Pourquoi Sishuanaise et non chinoise ? Tout simplement car nous sommes très peu sortis de cette Province, si ce n’est pour tenter une incursion dans le Shaanxi. Je ne pourrais donc pas faire de généralité sur l’ensemble de ce pays, que dis-je, de ce continent ! Il est tellement grand que ce serait comme faire des généralités sur les Norvégiens en n’ayant visité que le Portugal…





Parc de la Culture 2

Quoi qu’il en soit, les Sishuanais et plus particulièrement les habitants de Chengdu, la capitale de la Province, sont réputés en Chine pour détenir un certain « Art de vivre » et à mon sens, cette forte culture des parcs et des maisons de thé en fait partie. Chengdu est une modeste bourgade de 9 millions d’habitants… (pour échelle, Paris représente 2.5 millions d’habitants. Il faut donc considérer que Chengdu concentrera bientôt le même nombre d’habitants qu’une région bien peuplée de France). Ce combat pour la place (oui, car il faut bien loger tout ce petit monde) n’a pas empêché la survivance (car ça bétonne sec dans tous les coins, à Chengdu ) de poches de respiration d’une taille assez considérable.

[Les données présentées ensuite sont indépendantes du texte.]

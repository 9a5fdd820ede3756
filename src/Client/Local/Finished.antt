-- ===== src/Client/Local/Finished.antt =====
-- What `compose_transaction_local` went through where it returned.
use dioxide_python.Prelude.{ap, ℕ, ◌≡◌, refl, ◌∙◌, Option, none, some, List, [], ◌∷◌}
use dioxide_python.Prelude.Int.{ℤ}
use dioxide_python.Prelude.Result.{Result, ok, err}
use dioxide_python.Bytes.{Bytes}
use dioxide_python.Text.{Text, codes}
use dioxide_python.Text.Split.{split}
use dioxide_python.Text.Case.{Unicode}
use dioxide_python.Gcl.Value.{Value, Entries}
use dioxide_python.Account.{Suite}
use dioxide_python.Contract.{
  ContractInvokeId, ContractId, ContractVersionId, contract_id, contract_version_id,
}
use dioxide_python.Transaction.{Log2, UnsignedTransaction, unsigned_transaction}
use dioxide_python.Client.{Outcome, returned, lift, Service}
use dioxide_python.Client.Methods.{>>=-returned, lift-returned}
use dioxide_python.Client.Interface.{Printed, function_of}
use dioxide_python.Client.Local.Asked.{call_of, IsAsked}
use dioxide_python.Client.Local.Described.{found-IsDescribed, IsDescribed, described-IsAsked}
use dioxide_python.Client.Local.{
  Sender, LocalOptions, default_version, invoke_id, finished, compose_call, compose_parts,
  compose_found, compose_transaction_local, id_of, local_signature, isn_of, opcode_of, info_of,
}

lift_value {ℓ} :
    {W : Type ℓ} {A : Type 0} (w : W) (r : Result A) {a : A} → (lift r w).0 ≡ returned a → r ≡ ok a
lift_value w (ok x) h = cc
lift_value w (err e) h = cc

not_returned : {A : Type 0} {v : Value} {a : A} → Outcome.diox_error v ≡ returned a → ⊥
not_returned h = cc

module _ {ℓ} {W : Type ℓ} (unicode : Unicode) (suite : Suite) (printed : Printed) (log2 : Log2)
    (import_time : ℕ) (service : Service W) where
  -- The transaction that was made, for the signature and the ISN that were found.
  pub record IsFinished (sender : Sender) (function : Text) (args : Entries) (o : LocalOptions)
      (bs : Bytes) : Type ℓ where
    pub function_info : Entries
    pub signature : Text
    pub invoked : ContractInvokeId
    pub opcode : ℕ
    pub delegatee : Option Bytes
    pub tx : UnsignedTransaction
    pub isn : ℤ
    pub world : W
    pub described :
        local_signature unicode suite printed log2 import_time service o.signature function_info
        ≡ ok signature
    pub asked_for :
        IsAsked unicode suite printed log2 import_time service sender function o (call_of tx)
    pub made : unsigned_transaction invoked opcode default_version import_time delegatee ≡ ok tx
    pub asked :
        (isn_of unicode suite printed log2 import_time service o.isn sender world).0 ≡ returned isn
    pub done :
        finished unicode suite printed log2 import_time service o signature args isn tx ≡ ok bs

  -- A description that was given is used.
  given_info :
      (given : Option Entries) (d c : Text) (w : W) {info : Entries}
      → (info_of unicode suite printed log2 import_time service given d c w).0 ≡ returned info
      → (i : Entries) → given ≡ some i
      → info ≡ i
  unfolding info_of
  given_info none d c w h i e = cc
  given_info (some x) d c w h i e = cc

  compose_call-IsFinished :
      (sender : Sender) (function : Text) (args : Entries) (o : LocalOptions) (cid : ContractId)
      (version : ContractVersionId) (function_info : Entries) (w : W) (bs : Bytes)
      → IsDescribed unicode suite printed log2 import_time service function o cid version
          function_info
      → (compose_call unicode suite printed log2 import_time service sender args o cid version
          function_info w).0
        ≡ returned bs
      → IsFinished sender function args o bs
  unfolding compose_call
  compose_call-IsFinished sender function args o cid version function_info w bs d h =
      let (signature, w₁, es, h₁) =
        >>=-returned w
          (lift (
            local_signature unicode suite printed log2 import_time service o.signature
              function_info))
          _ h in
      let (opcode, w₂, eo, h₂) =
        >>=-returned w₁
          (lift (opcode_of unicode suite printed log2 import_time service function_info)) _ h₁ in
      let (invoked, w₃, ev, h₃) = >>=-returned w₂ (lift (invoke_id cid version)) _ h₂ in
      let (delegatee, w₄, ed, h₄) = >>=-returned w₃ _ _ h₃ in
      let (tx, w₅, et, h₅) =
        >>=-returned w₄
          (lift (unsigned_transaction invoked opcode default_version import_time delegatee)) _ h₄ in
      let (isn, w₆, ei, h₆) = >>=-returned w₅ _ _ h₅ in
      record {
        function_info = function_info;
        signature = signature;
        invoked = invoked;
        opcode = opcode;
        delegatee = delegatee;
        tx = tx;
        isn = isn;
        world = w₅;
        described =
            (lift-returned w
              (local_signature unicode suite printed log2 import_time service o.signature
                function_info)
              es).0;
        asked_for =
            described-IsAsked unicode suite printed log2 import_time service sender function o cid
              version function_info invoked opcode import_time default_version delegatee w₃ tx d
              (lift-returned w₁
                (opcode_of unicode suite printed log2 import_time service function_info) eo).0
              (lift-returned w₂ (invoke_id cid version) ev).0 (ap (λ p. p.0) ed)
              (lift-returned w₄
                (unsigned_transaction invoked opcode default_version import_time delegatee) et).0;
        made =
            (lift-returned w₄
              (unsigned_transaction invoked opcode default_version import_time delegatee) et).0;
        asked = ap (λ p. p.0) ei;
        done =
            lift_value w₆
              (finished unicode suite printed log2 import_time service o signature args isn tx) h₆;
      }

  compose_found-IsFinished :
      (sender : Sender) (function : Text) (args : Entries) (o : LocalOptions) (cid : ContractId)
      (version : ContractVersionId) (found : Option Entries) (w : W) (bs : Bytes)
      → ((function_info : Entries)
          → found ≡ some function_info
          → IsDescribed unicode suite printed log2 import_time service function o cid version
              function_info)
      → (compose_found unicode suite printed log2 import_time service sender args o cid version
          found w).0
        ≡ returned bs
      → IsFinished sender function args o bs
  unfolding compose_found
  compose_found-IsFinished sender function args o cid version none w bs d h =
      absurd (not_returned h)
  compose_found-IsFinished sender function args o cid version (some function_info) w bs d h =
      compose_call-IsFinished sender function args o cid version function_info w bs
        (d function_info refl) h

  compose_parts-IsFinished :
      (sender : Sender) (function : Text) (args : Entries) (o : LocalOptions) (parts : List Text)
      (w : W) (bs : Bytes)
      → split b'.' function ≡ parts
      → (compose_parts unicode suite printed log2 import_time service sender args o parts w).0
        ≡ returned bs
      → IsFinished sender function args o bs
  unfolding compose_parts
  compose_parts-IsFinished sender function args o [] w bs parts h = absurd (not_returned h)
  compose_parts-IsFinished sender function args o (_ ∷ []) w bs parts h = absurd (not_returned h)
  compose_parts-IsFinished sender function args o (_ ∷ _ ∷ []) w bs parts h =
      absurd (not_returned h)
  compose_parts-IsFinished sender function args o (_ ∷ _ ∷ _ ∷ _ ∷ _) w bs parts h =
      absurd (not_returned h)
  compose_parts-IsFinished sender function args o (d ∷ c ∷ f ∷ []) w bs parts h =
      let (info, w₁, ei, h₁) = >>=-returned w _ _ h in
      let (contract_value, w₂, ec, h₂) =
        >>=-returned w₁
          (lift (id_of unicode suite printed log2 import_time service (codes "ContractID") info)) _
          h₁ in
      let (version_value, w₃, ev, h₃) =
        >>=-returned w₂
          (lift
            (id_of unicode suite printed log2 import_time service (codes "ContractVersionID") info))
          _ h₂ in
      let (cid, w₄, ecid, h₄) =
        >>=-returned w₃ (lift (contract_id contract_value none none none)) _ h₃ in
      let (version, w₅, ever, h₅) =
        >>=-returned w₄ (lift (contract_version_id version_value none none none none)) _ h₄ in
      let (found, w₆, ef, h₆) = >>=-returned w₅ (lift (function_of printed service f info)) _ h₅ in
      compose_found-IsFinished sender function args o cid version found w₆ bs
        (λ function_info is.
          found-IsDescribed unicode suite printed log2 import_time service function o d c f info
            function_info contract_value version_value cid version parts
            (given_info o.contract_info d c w (ap (λ p. p.0) ei))
            (lift-returned w₁
              (id_of unicode suite printed log2 import_time service (codes "ContractID") info) ec).0
            (lift-returned w₂
              (id_of unicode suite printed log2 import_time service (codes "ContractVersionID")
                info)
              ev).0
            (lift-returned w₃ (contract_id contract_value none none none) ecid).0
            (lift-returned w₄ (contract_version_id version_value none none none none) ever).0
            ((lift-returned w₅ (function_of printed service f info) ef).0 ∙ ap ok is))
        h₆

  pub compose_transaction_local-IsFinished :
      (sender : Sender) (function : Text) (args : Entries) (o : LocalOptions) (w : W) (bs : Bytes)
      → (compose_transaction_local unicode suite printed log2 import_time service sender function
          args o w).0
        ≡ returned bs
      → IsFinished sender function args o bs
  unfolding compose_transaction_local
  compose_transaction_local-IsFinished sender function args o w bs h =
      compose_parts-IsFinished sender function args o (split b'.' function) w bs refl h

Parc du peuple: la flaque verte entre les buildings

Ce qui est réellement marquant, ce n’est pas tant la taille, ou l’entretien, ou la modélisation du parc, c’est vraiment l’usage qui en est fait. Si en France, les parcs publics accueillent quelques représentants du 3ème âge, des promeneurs de chiens mal réveillés à la recherche d’un crottoir pour fauve familiarisé, et des mères de famille à la recherche d’un exutoire pour leur marmaille déchaînée, l’usage chinois est bien différent, et fait des parcs un véritable lieu de vie, pour tous les âges et pour tous les profils.





Partie d'échecs chinois

Il y a bien sûr « les Vieux », pour qui le regroupement au Parc est une véritable institution. Pas de connotation négative, d’autant que comme la plupart des Occidentaux, je suis bien en mal de donner un âge à une personne d’origine asiatique, mais comprendre par-là les personnes qui ne travaillent plus, qui blanchissent et parfois qui utilisent une canne pour se déplacer. Pour toutes ces personnes, de multiples activités offrent un large choix d’activité et d’investissement, et tout commence à la maison de thé du Parc.

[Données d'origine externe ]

-- ===== src/Client/Local/Input.antt =====
-- The whole transaction that `compose_transaction_local` makes of arguments with a signature.
use dioxide_python.Prelude.{ℕ, ◌≡◌, some, length}
use dioxide_python.Prelude.Result.{Result}
use dioxide_python.Bytes.{Bytes}
use dioxide_python.Text.{Text}
use dioxide_python.Gcl.Value.{Value}
use dioxide_python.Transaction.{UnsignedTransaction}
use dioxide_python.Client.Local.{LocalOptions}
use dioxide_python.Client.Local.Ttl.{ttl_or_default}
use dioxide_python.Client.Local.Options.{or_else}

-- The transaction that is written: what is not an option, the options or their defaults, the ISN
-- that was given, and the input with its size.
pub record IsComposed (import_time : ℕ) (o : LocalOptions) (input : Bytes)
    (tx : UnsignedTransaction) : Type 0 where
  pub version_ : tx.version ≡ 108
  pub timestamp_ : tx.timestamp ≡ import_time
  pub ttl_ : tx.ttl ≡ ttl_or_default o.ttl
  pub gas_price_ : tx.gas_price ≡ or_else 100 o.gas_price
  pub gas_limit_ : tx.gas_limit ≡ or_else 500000 o.gas_limit
  pub isn_ : (n : ℕ) → o.isn ≡ some n → tx.isn ≡ n
  pub input_ : tx.input ≡ input
  pub input_size_ : tx.input_size ≡ length input

abbrev with_bytes : Bytes → UnsignedTransaction → UnsignedTransaction
with_bytes input tx = record tx { input = input; input_size = length input }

Entrée d'une maison de thé

Ce qui est marquant, dès les premiers jours, c’est que ces personnes qui chez nous s’interrogent constamment sur leur utilité sociale, pour qui le positionnement social semble vraiment complexe et qui subissent une véritable crise d’identité au moment de la retraite (j’en veux pour exemple mon propre père), ne vivent pas du tout cette relégation (ou auto-relégation) en Chine. Nous avons vu des personnes retraitées hyper-actives, et des personnes vraiment âgées heureuses.





Parc de la Culture





Le petit couple trop mignon

Le groupe social est bien sûr très différent de chez nous, et je ne sais pas dans quelle mesure la Révolution Culturelle n’est pas à l’origine de cette forte cohésion du groupe, mais les Anciens ont une vie sociale assez intense. On croise beaucoup de grandes tablées de Vieux qui se marrent et qui parlent très fort, dans les parcs, et c’est assez rigolo ! Ce sont également les rois du majong, ce jeu d’argent que l’on pourrait assez facilement rapprocher du Poker, tant il y a quand même une part de chance dans le tirage des pièces du départ (mais aussi une dimension de stratégie, de calcul et de rapidité). Les parties d’échecs chinois (autre jeu, bien distinct du majog, et avec des règles de déplacement de pièces différents des échecs occidentaux) ne se jouent pas uniquement entre deux personnes mais devant un groupe qui commente la partie, discutent les stratégies des joueurs et conseillent des tactiques aux deux camps, des affrontements clairement animés où chacun y va de son commentaire !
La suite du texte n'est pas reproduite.